1. **TPV Monitoring Pipeline**: A three-step process to generate data, prepare datasets, and train a TPV regressor model.
2. **TPV Intervention System**: A system that uses the trained TPV regressor to intervene in the generation process of language models.

## Part 1: TPV Monitoring Pipeline

![Diverse Prompting for TPV Training](./readme_resources/diverse_prompting.png)
*TPV regressor models enable robust progress monitoring across different problem-solving approaches.*

The monitoring pipeline consists of three sequential scripts that should be run in the following order:

### Step 1: Generate TPV Data

This script generates responses from a language model and extracts hidden states for TPV training.

```bash
python generate_tpv_data.py \
  --model "deepseek-ai/DeepSeek-R1-Distill-Qwen-32B" \
  --max_new_tokens 1024 \
  --dataset "math500" \
  --start_problem_index 0 \
  --end_problem_index 30 \
  --generations_per_problem 5 \
  --output_dir "hidden_states_output" \
  --temperature 0.6 \
  --do_sample True \
  --top_p 0.95 \
  --seed 42
```

This will generate model responses and extract hidden states, storing the results in the `hidden_states_output` directory.

### Step 2: Prepare TPV Dataset

This script processes the generated hidden states and creates training/testing datasets for the TPV regressor.

```bash
python prepare_tpv_dataset.py \
  --input_dir "hidden_states_output" \
  --output_dir "qwen_math_tpv_dataset" \
  --seed 42 \
  --train_split_ratio 0.8 \
  --end_of_thinking_token "</think>"
```

This will process the hidden states from the previous step and create train/test datasets in the `qwen_math_tpv_dataset` directory.
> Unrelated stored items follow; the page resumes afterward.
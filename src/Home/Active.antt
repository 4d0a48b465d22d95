-- ===== src/Home/Active.antt =====
-- The active cat of a player is one that the player owns.
use cat_game_backend.Base.{
  ℕ, ◌≡◌, refl, String, Bool, true, false, not, ◌&&◌, Option, none, some, List, [], ◌∷◌, ◌==◌,
  opt_eq, any, All, Option-cases, inl, inr, arith, if◌then◌else◌, str_eq, ap,
}
use mathlib.Core.Path.{subst}
use cat_game_backend.Core.Error.{ok, Missing, resource_not_found}
use cat_game_backend.Core.Outcome.{or_raise-ok, ok-injective, or_unchanged-outcome}
use cat_game_backend.Store.Rows.{User, user_row, advance_state_version}
use cat_game_backend.Store.Table.{find, has_id, get, All-put, All-find, find-holds}
use cat_game_backend.Home.{
  HomeAsset, HomeDb, is_own, is_replacement, set_home, with_replacement, select_active_cat,
  set_cat_home, HomeCommand, selecting, showing, tend, tend_all,
}

-- The player has no active cat, or owns it.
abbrev pub OwnsCat : List HomeAsset → ℕ → Option ℕ → Type 0
OwnsCat assets user_id none = Unit
OwnsCat assets user_id (some cat_id) = any (is_own user_id cat_id) assets ≡ true

abbrev pub OwnsActive : List HomeAsset → User → Type 0
OwnsActive assets u = OwnsCat assets u.id u.active_cat_id

abbrev pub IsTended : HomeDb → Type 0
IsTended db = All (OwnsActive db.assets) db.users

get-id : (i : ℕ) (u : User) (users : List User) → get i users ≡ some u → u.id ≡ i
unfolding get
get-id i u users found = let same = find-holds (has_id i) u users found in ground (arith, same)

OwnsActive-changed :
    (b : Bool) (assets : List HomeAsset) (u v : User)
    → OwnsActive assets u
    → OwnsActive assets v
    → OwnsActive assets (advance_state_version (if b then u else v))
unfolding advance_state_version
OwnsActive-changed true assets u v h k = h
OwnsActive-changed false assets u v h k = k

any-find :
    {A : Type 0} (p q : A → Bool) (t : List A) (r : A)
    → find p t ≡ some r
    → q r ≡ true
    → any q t ≡ true
unfolding find
any-find p q [] r h k = ground arith
any-find p q (x ∷ t) r h k = ground (arith, any-find p q t r)

any-set_home :
    (user_id cat_id asset_id : ℕ) (visible : Bool) (assets : List HomeAsset)
    → any (is_own user_id cat_id) (set_home asset_id visible assets)
      ≡ any (is_own user_id cat_id) assets
unfolding set_home
any-set_home user_id cat_id asset_id visible [] = refl
any-set_home user_id cat_id asset_id visible (a ∷ assets) =
    ground (arith, any-set_home user_id cat_id asset_id visible assets)

OwnsCat-set_home :
    (asset_id : ℕ) (visible : Bool) (assets : List HomeAsset) (user_id : ℕ) (cat : Option ℕ)
    → OwnsCat assets user_id cat
    → OwnsCat (set_home asset_id visible assets) user_id cat
OwnsCat-set_home asset_id visible assets user_id none h = tt
OwnsCat-set_home asset_id visible assets user_id (some cat_id) h =
    rw (any-set_home user_id cat_id asset_id visible assets) h

set_home-OwnsActive :
    (asset_id : ℕ) (visible : Bool) (assets : List HomeAsset) (users : List User)
    → All (OwnsActive assets) users
    → All (OwnsActive (set_home asset_id visible assets)) users
set_home-OwnsActive asset_id visible assets [] h = tt
set_home-OwnsActive asset_id visible assets (u ∷ users) h = (
  OwnsCat-set_home asset_id visible assets u.id u.active_cat_id h.0,
  set_home-OwnsActive asset_id visible assets users h.1,
)

replacement-OwnsCat :
    (user_id : ℕ) (assets : List HomeAsset) (r : HomeAsset) (cat : Option ℕ) (p : HomeAsset → Bool)
    → find p assets ≡ some r
    → r.user_id == user_id ≡ true
    → r.cat_id ≡ cat
    → OwnsCat assets user_id cat
replacement-OwnsCat user_id assets r none p found own e = tt
replacement-OwnsCat user_id assets r (some c) p found own e =
    any-find p (is_own user_id c) assets r found (ground (arith, own, e))

with_replacement-OwnsActive :
    (user_id asset_id : ℕ) (assets : List HomeAsset) (u : User)
    → u.id ≡ user_id
    → OwnsActive assets u
    → OwnsActive assets (with_replacement user_id asset_id assets u)
unfolding with_replacement
with_replacement-OwnsActive user_id asset_id assets u same h =
    elim (Option-cases (find (is_replacement user_id asset_id) assets)) [
      | inl e ↦ rw (with_replacement, e) h
      | inr (r, e) ↦
          let holds = find-holds (is_replacement user_id asset_id) r assets e in
          rw (with_replacement, e, same)
            (replacement-OwnsCat user_id assets r r.cat_id (is_replacement user_id asset_id) e
              (ground (arith, holds)) refl)
    ]

select_active_cat-IsTended :
    (user : ℕ) (key : String) (db db' : HomeDb) (r : Unit {0})
    → IsTended db
    → select_active_cat user key db ≡ ok (r, db')
    → IsTended db'
unfolding select_active_cat advance_state_version
select_active_cat-IsTended user key db db' r h ran =
    let (cat, known, h1) =
      or_raise-ok (find (λ c. str_eq c.catalog_key key) db.cats) (resource_not_found Missing.cat) _
        _ ran in
    let (u, present, h2) =
      or_raise-ok (get user db.users) (resource_not_found Missing.user) _ _ h1 in
    let (asset, own, h3) =
      or_raise-ok (find (is_own user cat.id) db.assets) (resource_not_found Missing.cat_asset) _ _
        h2 in
    let holder : u.id ≡ user = get-id user u db.users present in
    let owned =
      any-find (is_own user cat.id) (is_own user cat.id) db.assets asset own
        (find-holds (is_own user cat.id) asset db.assets own) in
    let chosen = OwnsCat-set_home asset.id true db.assets user (some cat.id) owned in
    subst IsTended (ap (λ x. x.1) (ok-injective _ (r, db') h3)) (
      All-put (OwnsActive (set_home asset.id true db.assets)) _ db.users (rw holder chosen)
        (set_home-OwnsActive asset.id true db.assets db.users h))

set_cat_home-IsTended :
    (user : ℕ) (key : String) (visible : Bool) (db db' : HomeDb) (r : Unit {0})
    → IsTended db
    → set_cat_home user key visible db ≡ ok (r, db')
    → IsTended db'
unfolding set_cat_home advance_state_version
set_cat_home-IsTended user key visible db db' r h ran =
    let (cat, known, h1) =
      or_raise-ok (find (λ c. str_eq c.catalog_key key) db.cats) (resource_not_found Missing.cat) _
        _ ran in
    let (u, present, h2) =
      or_raise-ok (get user db.users) (resource_not_found Missing.user) _ _ h1 in
    let (asset, own, h3) =
      or_raise-ok (find (is_own user cat.id) db.assets) (resource_not_found Missing.cat_asset) _ _
        h2 in
    let assets = set_home asset.id visible db.assets in
    let kept = set_home-OwnsActive asset.id visible db.assets db.users h in
    let hers : OwnsActive assets u = All-find (OwnsActive assets) _ u db.users kept present in
    let hides = not visible && opt_eq u.active_cat_id (some cat.id) in
    let replaced =
      with_replacement-OwnsActive user asset.id assets u (get-id user u db.users present) hers in
    subst IsTended (ap (λ x. x.1) (ok-injective _ (r, db') h3)) (
      All-put (OwnsActive assets) _ db.users (OwnsActive-changed hides assets _ u replaced hers)
        kept)

tend-IsTended : (c : HomeCommand) (db : HomeDb) → IsTended db → IsTended (tend c db)
unfolding tend
tend-IsTended (selecting user key) db h =
    or_unchanged-outcome IsTended (select_active_cat user key db) db h
      (λ r db' ran. select_active_cat-IsTended user key db db' r h ran)
tend-IsTended (showing user key visible) db h =
    or_unchanged-outcome IsTended (set_cat_home user key visible db) db h
      (λ r db' ran. set_cat_home-IsTended user key visible db db' r h ran)

-- Any sequence of calls that select an active cat, show a cat at home or hide it, each of which
-- may raise, keeps every player without an active cat or with one that the player owns.
pub tend_all-IsTended :
    (commands : List HomeCommand) (db : HomeDb) → IsTended db → IsTended (tend_all commands db)
unfolding tend_all
tend_all-IsTended [] db h = h
tend_all-IsTended (c ∷ commands) db h =
    tend_all-IsTended commands (tend c db) (tend-IsTended c db h)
### Step 3: Train TPV Regressor

This script trains a linear regression model on the prepared datasets to predict token progress values.

```bash
python train_tpv.py \
  --input_dir "qwen_math_tpv_dataset" \
  --output_dir "qwen_math_tpv_model" \
  --epsilon 1e-10 \
  --device "cuda"
```

This will train a TPV regressor using linear regression, evaluate its performance, and save the model weights to the `qwen_math_tpv_model` directory.

## Part 2: TPV Intervention System

![Intervention vs Base Model](./readme_resources/intervention_vs_base.png)
*Comparison of base model (blue) vs intervened model (red) prediction trajectories. The intervention system steers the model toward more efficient and focused reasoning paths.*

After training the TPV regressor, you can use it to intervene in the generation process of language models.

### Running TPV Intervention

This script uses the trained TPV regressor to modify the hidden states during the language model generation process.

```bash
python tpv_intervention.py \
  --model_name_or_path "deepseek-ai/DeepSeek-R1-Distill-Qwen-32B" \
  --intervention_vector_path "qwen_math_tpv_model/tpv_linear_weights.npy" \
  --dataset "math500" \
  --output_generations_dir "qwen_intervention_responses" \
  --task_name "math500" \
  --problem_start_idx 30 \
  --problem_end_idx 35 \
  --alpha 100.0 \
  --max_new_tokens 2048 \
  --device "cuda" \
  --torch_dtype "float16"
```

This will apply the trained intervention vector to the model's generation process with the specified alpha scale factor, and save the results in the `llama_intervention_responses` directory.

## Example End-to-End Pipeline

Here's an example of running the complete pipeline with consistent input/output directories:

```bash
# Step 1: Generate hidden states data
python generate_tpv_data.py --model "deepseek-ai/DeepSeek-R1-Distill-Llama-8B" --output_dir "llama_hidden_states"

# Step 2: Prepare the TPV dataset
python prepare_tpv_dataset.py --input_dir "llama_hidden_states" --output_dir "llama_math_tpv_dataset"

# Step 3: Train the TPV regressor
python train_tpv.py --input_dir "llama_math_tpv_dataset" --output_dir "tpv_model"

# Step 4: Use the trained TPV regressor for intervention
python tpv_intervention.py --model_name_or_path "deepseek-ai/DeepSeek-R1-Distill-Llama-8B" --intervention_vector_path "tpv_model/tpv_linear_weights.npy" --alpha 100.0
```

## Notes
- Ensure that the model names and data paths are correctly set according to your environment.
- The alpha parameter controls the strength of the intervention - higher values result in stronger interventions.
- alpha can be set to 0.0 to disable the intervention.